Personally I would only ever set 1) or 2) but such policy decisions are subjective and I can see why someone would opt for "last shaper rate"...

Never noticed the mode conflicts, but I do not pull from my router and so far kept the modes in the repository as pulled. sqm-scripts went a different route and offers a makefile that allows a make install which takes care of the final path and mode bits.

Lynx · December 6, 2022, 9:39am

@patrakov so you'd like toggle that disables return to base logic and also to switch out to checking against idle threshold for resuming?

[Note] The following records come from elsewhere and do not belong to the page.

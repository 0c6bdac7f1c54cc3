-- ===== src/Chat/Calls.antt =====
-- The calls on the tables of the chat, in any order: what workers and requests of all users do.
use backend_bmo_blabs.Base.{ℕ, Bool, List, [], ◌∷◌}
use backend_bmo_blabs.Chat.Rows.{Tables}
use backend_bmo_blabs.Chat.Lease.{
  Services, ChatJob, Fresh, claim, renew_lease, release_lease, record_failure, complete,
}
use backend_bmo_blabs.Chat.Sessions.{
  ChatMessageInput, FreshMessage, create_session, delete_session, accept_message,
}

pub data Call : Type 0 where
  creates : ℕ → Bool → ℕ → Call
  deletes : ℕ → ℕ → ℕ → Call
  accepts : ℕ → ℕ → ChatMessageInput → FreshMessage → Call
  claims renews releases fails : ChatJob → ℕ → ℕ → Call
  completes : ChatJob → ℕ → List ℕ → Fresh → ℕ → Call

module _ (env : Services) where
  unfoldable pub step : Tables → Call → Tables
  step s (Call.creates user temporary id) = (create_session env user temporary id s).0
  step s (Call.deletes user session now) = (delete_session env user session now s).0
  step s (Call.accepts user session input fresh) = (accept_message env user session input fresh s).0
  step s (Call.claims job token now) = (claim env job token now s).0
  step s (Call.renews job token now) = (renew_lease env job token now s).0
  step s (Call.releases job token now) = release_lease env job token now s
  step s (Call.fails job token now) = record_failure env job token now s
  step s (Call.completes job token text fresh now) = (complete env job token text fresh now s).0

  unfoldable pub run : Tables → List Call → Tables
  unfolding step
  run s [] = s
  run s (c ∷ cs) = run (step s c) cs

And how do I set x bit for files on GitHub?

And there's your comments I need to introduce too.

Anything else you'd like in?

@moeller0 any way we can make the graphs bigger like the bottom right graph below so that more space is utilised:

And choice over time span would be super nice too. It would be good if somehow we had a plot from which we could compare and rate reflectors. Any idea how we can do that?

Out of curiosity @patrakov how are you managing diffserv? I'd have thought for your LTE connection it might be relevant at low bandwidth.

moeller0 · December 6, 2022, 9:58am

We need to think over the timecourse plots some more. I just added a PR that allows to specify a subset of reflectors to plot.

That already exists:

	% octave -qf --eval 'fn_parse_autorate_log("./SCRATCH/cake-autorate.log.20221001_1724_RRUL_fast.com.log", "./output.tif", [10, 500], {"1.1.1.1"})'
	% symbolically: octave -qf --eval 'fn_parse_autorate_log("path/to/the/log.file", "path/to/the/output/plot.format", [starttime endtime], {selected_reflector_subset})'
	%	supported formats for the opyinal second argument: pdf, png, tif.
	% 	the optional third argument is the range to plot in seconds after log file start

This example plots seconds 10 to 500 from ./SCRATCH/cake-autorate.log.20221001_1724_RRUL_fast.com.log, but only delay data for reflector id 1.1.1.1.

No, that brings us back to the idea of pre-qualifying reflectors with an external script

moeller0 · December 6, 2022, 10:06am

That is, I currently look at the CDF plots, if a reflector has a large raw deviation I remove it from the set and when the sigmoid curve for the low load condition looks very unsymmetric (with a long and relatively heavy tail to the right) I also consider throwing it out as well. Not sure how to evaluate reflectors from looking at the timecourse plots though.

Lynx · December 6, 2022, 10:09am

Ah great - no matter from timecourse if it can be done with CDF. Could you elaborate on your explanation above with a picture or two? We could perhaps add something in the readme about this.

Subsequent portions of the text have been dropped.